### What the task requires
Copy out the lines of the records below, and only those lines, from the one with "(λ gaps. decision_of" through the one with "required qa ≡ ok []", exactly as they appear.

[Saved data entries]

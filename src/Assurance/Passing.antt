-- ===== src/Assurance/Passing.antt =====
-- What a decision that passes says of the reports (factory/assurance_pod/validator.py).
use ai_factory.Base.{
  String, Bool, true, false, not, ◌≡◌, refl, ap, sym, subst, ◌∙◌, Option, none, some, List, [], ◌∷◌,
  ◌++◌, ⊤, arith, map, if◌then◌else◌, ◌==◌, inl, inr, Among, Bool-cases, eq_iff, eqb, length,
  is_nil, is_empty, contains, is_unique, same_set,
}
use Prim.Native.String.{◌++◌ as concat}
use ai_factory.Base.Sorting.{sorted, sorted-nil}
use ai_factory.Base.Result.{Result, ok, err, raise_if, ◌>>=◌, ◌>>◌}
use ai_factory.Assurance.{
  assurance_roles, AssuranceReport, passed, changes_required, AssuranceDecision, AssuranceError,
  mission_required, three_reports_required, roles_missing, required_not_unique, coverage_ids,
  validate_decision,
}
use ai_factory.Assurance.Validator.{
  Tally, count_reports, empty_tally, minus, coverage_gaps, decision_of, decide,
}
use ai_factory.Assurance.Counting.{
  AllTaken, NoneBlocking, reviewers_of, append-nil_parts, all_blocking-nil, not-false, ok-injective,
  AllCounted, count_reports-AllCounted,
}

-- The end of `decide`, once the reports are counted.
ends :
    (b c : Bool) (x y : AssuranceError) (gaps : Result AssuranceError (List String))
    (made : List String → AssuranceDecision) (valid : AssuranceDecision → Result AssuranceError ⊤)
    {d : AssuranceDecision}
    → (raise_if b x >> (raise_if c y >> (gaps >>= λ g. (valid (made g) >> ok (made g))))) ≡ ok d
    → (b ≡ false) × (g : List String) × (gaps ≡ ok g) × (made g ≡ d)
ends true c x y gaps made valid h = absurd (cc h)
ends false true x y gaps made valid h = absurd (cc h)
ends false false x y (err e) made valid h = absurd (cc h)
ends false false x y (ok g) made valid h = (refl, g, refl, last (valid (made g)) h)
  where
    last : {d e : AssuranceDecision} (r : Result AssuranceError ⊤) → (r >> ok d) ≡ ok e → d ≡ e
    last (err e) h = absurd (cc h)
    last (ok u) h = ok-injective h

begins :
    {B : Type 0} (b c : Bool) (x y : AssuranceError) (counted : Result AssuranceError Tally)
    (rest : Tally → Result AssuranceError B) {d : B}
    → (raise_if b x >> (raise_if c y >> (counted >>= rest))) ≡ ok d
    → (t : Tally) × (counted ≡ ok t) × (rest t ≡ ok d)
begins true c x y counted rest h = absurd (cc h)
begins false true x y counted rest h = absurd (cc h)
begins false false x y (err e) rest h = absurd (cc h)
begins false false x y (ok t) rest h = (t, refl, h)

-- What a decision on the reports has looked at.
record IsMade (mission_id : String) (implementers required : List String)
    (reports : List AssuranceReport) (d : AssuranceDecision) : Type 0 where
  t : Tally
  counted : AllCounted mission_id implementers reports empty_tally t
  roles : same_set t.reviewers assurance_roles ≡ true
  gaps : List String
  covered : coverage_gaps required t.qa_report ≡ ok gaps
  made : decision_of mission_id t (t.blocking ++ gaps) ≡ d

decide-IsMade :
    (mission_id : String) (reports : List AssuranceReport) (implementers required : List String)
    {d : AssuranceDecision}
    → decide mission_id reports implementers required ≡ ok d
    → IsMade mission_id implementers required reports d
unfolding decide
decide-IsMade mission_id reports implementers required {d} h =
    let (t, count, rest) =
      begins (is_empty mission_id) (not (eqb (length reports) 3)) mission_required
        three_reports_required (count_reports mission_id implementers reports empty_tally) _ h in
    let (roles, g, gaps, made) =
      ends (not (same_set t.reviewers assurance_roles)) (not (is_unique required)) roles_missing
        required_not_unique (coverage_gaps required t.qa_report)
        (λ gaps. decision_of mission_id t (t.blocking ++ gaps)) validate_decision rest in
    record {
      t = t;
      counted = count_reports-AllCounted mission_id implementers reports empty_tally count;
      roles = not-false (same_set t.reviewers assurance_roles) roles;
      gaps = g;
      covered = gaps;
      made = made;
    }

-- A status of PASS leaves nothing that blocks.
nothing_blocks :
    (xs : List String) → (if is_nil xs then passed else changes_required) ≡ passed → xs ≡ []
nothing_blocks [] h = refl
nothing_blocks (x ∷ xs) h = absurd (cc h)

map-nil : (f : String → String) (xs : List String) → map f xs ≡ [] → xs ≡ []
map-nil f [] h = refl
map-nil f (x ∷ xs) h = absurd (cc h)

minus-nil :
    (c : String) (xs ys : List String)
    → minus xs ys ≡ []
    → contains c xs ≡ true
    → contains c ys ≡ true
minus-nil c [] ys h k = absurd (cc k)
minus-nil c (x ∷ xs) ys h k = elim (Bool-cases (contains x ys)) [
  | inl e ↦ elim (Bool-cases (c == x)) [
    | inl same ↦ subst (λ z. contains z ys ≡ true) (sym ((eq_iff c x).0 same)) e
    | inr other ↦ minus-nil c xs ys (ground arith) (ground arith)
  ]
  | inr e ↦ absurd (ground arith)
]

coverage_gaps-nil :
    (required : List String) (qa : Option AssuranceReport) (c : String)
    → coverage_gaps required qa ≡ ok []
    → contains c required ≡ true
    → (r : AssuranceReport) × (qa ≡ some r) × (contains c (coverage_ids r) ≡ true)
unfolding coverage_gaps
coverage_gaps-nil [] qa c h k = absurd (cc k)
coverage_gaps-nil (x ∷ xs) none c h k = absurd (cc h)
coverage_gaps-nil (x ∷ xs) (some r) c h k =
    elim (Bool-cases (is_nil (sorted (minus (coverage_ids r) (x ∷ xs))))) [
      | inr known ↦ absurd (ground arith)
      | inl known ↦
          let gaps = sorted (minus (x ∷ xs) (coverage_ids r)) in
          let none_left : map (λ x. concat "QA-COVERAGE-" x) gaps ≡ [] = ground arith in
          (
            r,
            refl,
            minus-nil c (x ∷ xs) (coverage_ids r)
                (sorted-nil (minus (x ∷ xs) (coverage_ids r))
                  (map-nil (λ x. concat "QA-COVERAGE-" x) gaps none_left))
                k,
          )
    ]

-- What a decision to pass rests on.
pub record IsPassed (mission_id : String) (implementers required : List String)
    (reports : List AssuranceReport) : Type 0 where
  pub all_taken : AllTaken mission_id implementers reports
  pub every_role : same_set (reviewers_of reports) assurance_roles ≡ true
  pub none_blocking : NoneBlocking reports
  pub all_covered :
      (c : String)
      → contains c required ≡ true
      → (r : AssuranceReport) × Among r reports
        × (r.reviewer_agent ≡ "A10-QA")
        × (contains c (coverage_ids r) ≡ true)

-- The gate decides PASS only where every report is valid, is of the mission, and is by a reviewer who is
-- not an implementer; the reviewers are those of security, quality and the red team; no report has a
-- blocking finding; and every required criterion is covered by the report of quality.
pub decide-IsPassed :
    (mission_id : String) (reports : List AssuranceReport) (implementers required : List String)
    {d : AssuranceDecision}
    → decide mission_id reports implementers required ≡ ok d
    → d.status ≡ passed
    → IsPassed mission_id implementers required reports
decide-IsPassed mission_id reports implementers required {d} h pass =
    let m = decide-IsMade mission_id reports implementers required h in
    let clear : m.t.blocking ++ m.gaps ≡ [] =
      nothing_blocks (m.t.blocking ++ m.gaps)
        (ap (λ (d : AssuranceDecision). d.status) m.made ∙ pass) in
    let (none_blocks, no_gaps) = append-nil_parts m.t.blocking m.gaps clear in
    record {
      all_taken = m.counted.taken;
      every_role = subst (λ l. same_set l assurance_roles ≡ true) m.counted.reviewers m.roles;
      none_blocking = all_blocking-nil reports (sym m.counted.blocking ∙ none_blocks);
      all_covered = λ c wanted.
          let (r, of_qa, covers) =
            coverage_gaps-nil required m.t.qa_report c (m.covered ∙ ap (λ g. ok g) no_gaps)
              wanted in
          elim (m.counted.qa r of_qa) [
            | inl (among, role) ↦ (r, among, role, covers)
            | inr before ↦ absurd (cc before)
          ];
    }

### Exercise result
        (λ gaps. decision_of mission_id t (t.blocking ++ gaps)) validate_decision rest in
    record {
      t = t;
      counted = count_reports-AllCounted mission_id implementers reports empty_tally count;
      roles = not-false (same_set t.reviewers assurance_roles) roles;
      gaps = g;
      covered = gaps;
      made = made;
    }

-- A status of PASS leaves nothing that blocks.
nothing_blocks :
    (xs : List String) → (if is_nil xs then passed else changes_required) ≡ passed → xs ≡ []
nothing_blocks [] h = refl
nothing_blocks (x ∷ xs) h = absurd (cc h)

map-nil : (f : String → String) (xs : List String) → map f xs ≡ [] → xs ≡ []
map-nil f [] h = refl
map-nil f (x ∷ xs) h = absurd (cc h)

minus-nil :
    (c : String) (xs ys : List String)
    → minus xs ys ≡ []
    → contains c xs ≡ true
    → contains c ys ≡ true
minus-nil c [] ys h k = absurd (cc k)
minus-nil c (x ∷ xs) ys h k = elim (Bool-cases (contains x ys)) [
  | inl e ↦ elim (Bool-cases (c == x)) [
    | inl same ↦ subst (λ z. contains z ys ≡ true) (sym ((eq_iff c x).0 same)) e
    | inr other ↦ minus-nil c xs ys (ground arith) (ground arith)
  ]
  | inr e ↦ absurd (ground arith)
]

coverage_gaps-nil :
    (required : List String) (qa : Option AssuranceReport) (c : String)
    → coverage_gaps required qa ≡ ok []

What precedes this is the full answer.